Australia’s Buoyant Confidence Sign Of Strong Spending
MELBOURNE, Australia — Australians appear to be a content lot, even in the face of a major disruption to the Covid-19 vaccine rollout.
Economic data this week will show whether the recent run of upbeat consumer confidence figures translates into retail spending.
Last week, the monthly Westpac-Melbourne Institute consumer survey showed confidence soared to an 11-year high.
“The survey continues to signal that the consumer will be the key driver of above-trend growth in 2021,” Bill Evans, chief economist at Westpac, said.
Preliminary retail trade figures for March are due on April 21.
Economists expect spending grew by a solid 1.0 percent in the month, rebounding from the 0.8 percent decline in February.
“The expected bounce in spending comes after the snap Covid-19 lockdowns in Victoria, and Western Australia weighed on the February result,” said Shane Oliver, chief economist at AMP Capital.
Last week’s Labor force figures showed the unemployment rate dropped to 5.6 percent in March from 5.8 percent.
“The numbers were pleasing, and he remains cautiously optimistic at the outlook. Australians are doing it tough, no question about that,” Stuart Robert, employment minister, said.

“There are some really encouraging signs. We see the highest rate of job advertisements at least in 12 years, so certainly work is out there, and the evidence I get from employers is they are struggling to find people.”
The National Skills Commission will issue its March vacancy report on April 21 after its preliminary data showed job advertisements on the internet jumped to a 12-year-high.

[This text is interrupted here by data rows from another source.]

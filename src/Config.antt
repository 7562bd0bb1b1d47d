-- ===== src/Config.antt =====
-- config.go: the configuration records, and the checks on partition names and filters.
pub mod Names
use doris_sync.Base.{ℕ, String, ◌==◌, starts_with, Bool, true, false, List, [], ◌∷◌, is_nil, not}
use doris_sync.Base.{contains, if◌then◌else◌, ◌||◌, ◌&&◌}

pub record Endpoint : Type 0 where
  pub host : String
  pub port : ℕ
  pub user : String
  pub password : String
  pub cluster : String
  pub session : List String

pub record DatabasePair : Type 0 where
  pub source : String
  pub target : String

pub record S3Options : Type 0 where
  pub bucket : String
  pub prefix : String
  pub region : String
  pub endpoint : String
  pub client_endpoint : String
  pub path_style : Bool
  pub auth_mode : String
  pub access_key : String
  pub secret_key : String
  pub role_arn : String
  pub max_file_size : String

pub record Options : Type 0 where
  pub source : Endpoint
  pub target : Endpoint
  pub databases : List DatabasePair
  pub s3 : S3Options
  pub state_file : String
  pub include_tables : String
  pub exclude_tables : String
  pub include_partitions : String
  pub partitions : List String
  pub metadata_timeout : String
  pub interval : String
  pub hourly_start : String
  pub time_zone : String
  pub managed_tasks : Bool
  pub force_overwrite : Bool

-- The filters, over the matcher of the regular expressions that the user writes:
-- `matches pattern name` is regexp.MustCompile(pattern).MatchString(name).
module _ (matches : String → String → Bool) where
  unfoldable pub allows_table : Options → String → Bool
  allows_table o name =
      if not (o.include_tables == "") && not (matches o.include_tables name)
      then false
      else o.exclude_tables == "" || not (matches o.exclude_tables name)

  unfoldable pub allows_partition : Options → String → Bool
  allows_partition o name =
      if is_nil o.partitions
      then o.include_partitions == "" || matches o.include_partitions name
      else contains o.partitions name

The Reserve Bank will also release the minutes of its April 6 monthly board meeting on April 20, a gathering that left the cash rate — and other key rates in its policy toolkit — at a record low 0.1 percent.
Meanwhile, the local share market looks set to strike record highs this week, aided by further strength on Wall Street, where investors took strong data and bank earnings as signs of momentum in the economic rebound.
The three main Wall Street indexes ended higher on April 16 and the week.
The Dow Jones Industrial Average rose 0.5 percent to 34,195.3, the S&P 500 gained 0.4 percent to 4,184.81, and the Nasdaq Composite added 0.08 percent to 14,049.84.
Australian share futures rose 37 points or 0.5 percent to 7071.
The Australian benchmark S&P/ASX200 index had closed 0.1 percent higher on April 16 at 7063.5.
It is now within 100 points of its record close set in February 2020, days before investors sold stocks heavily due to fears of the coronavirus.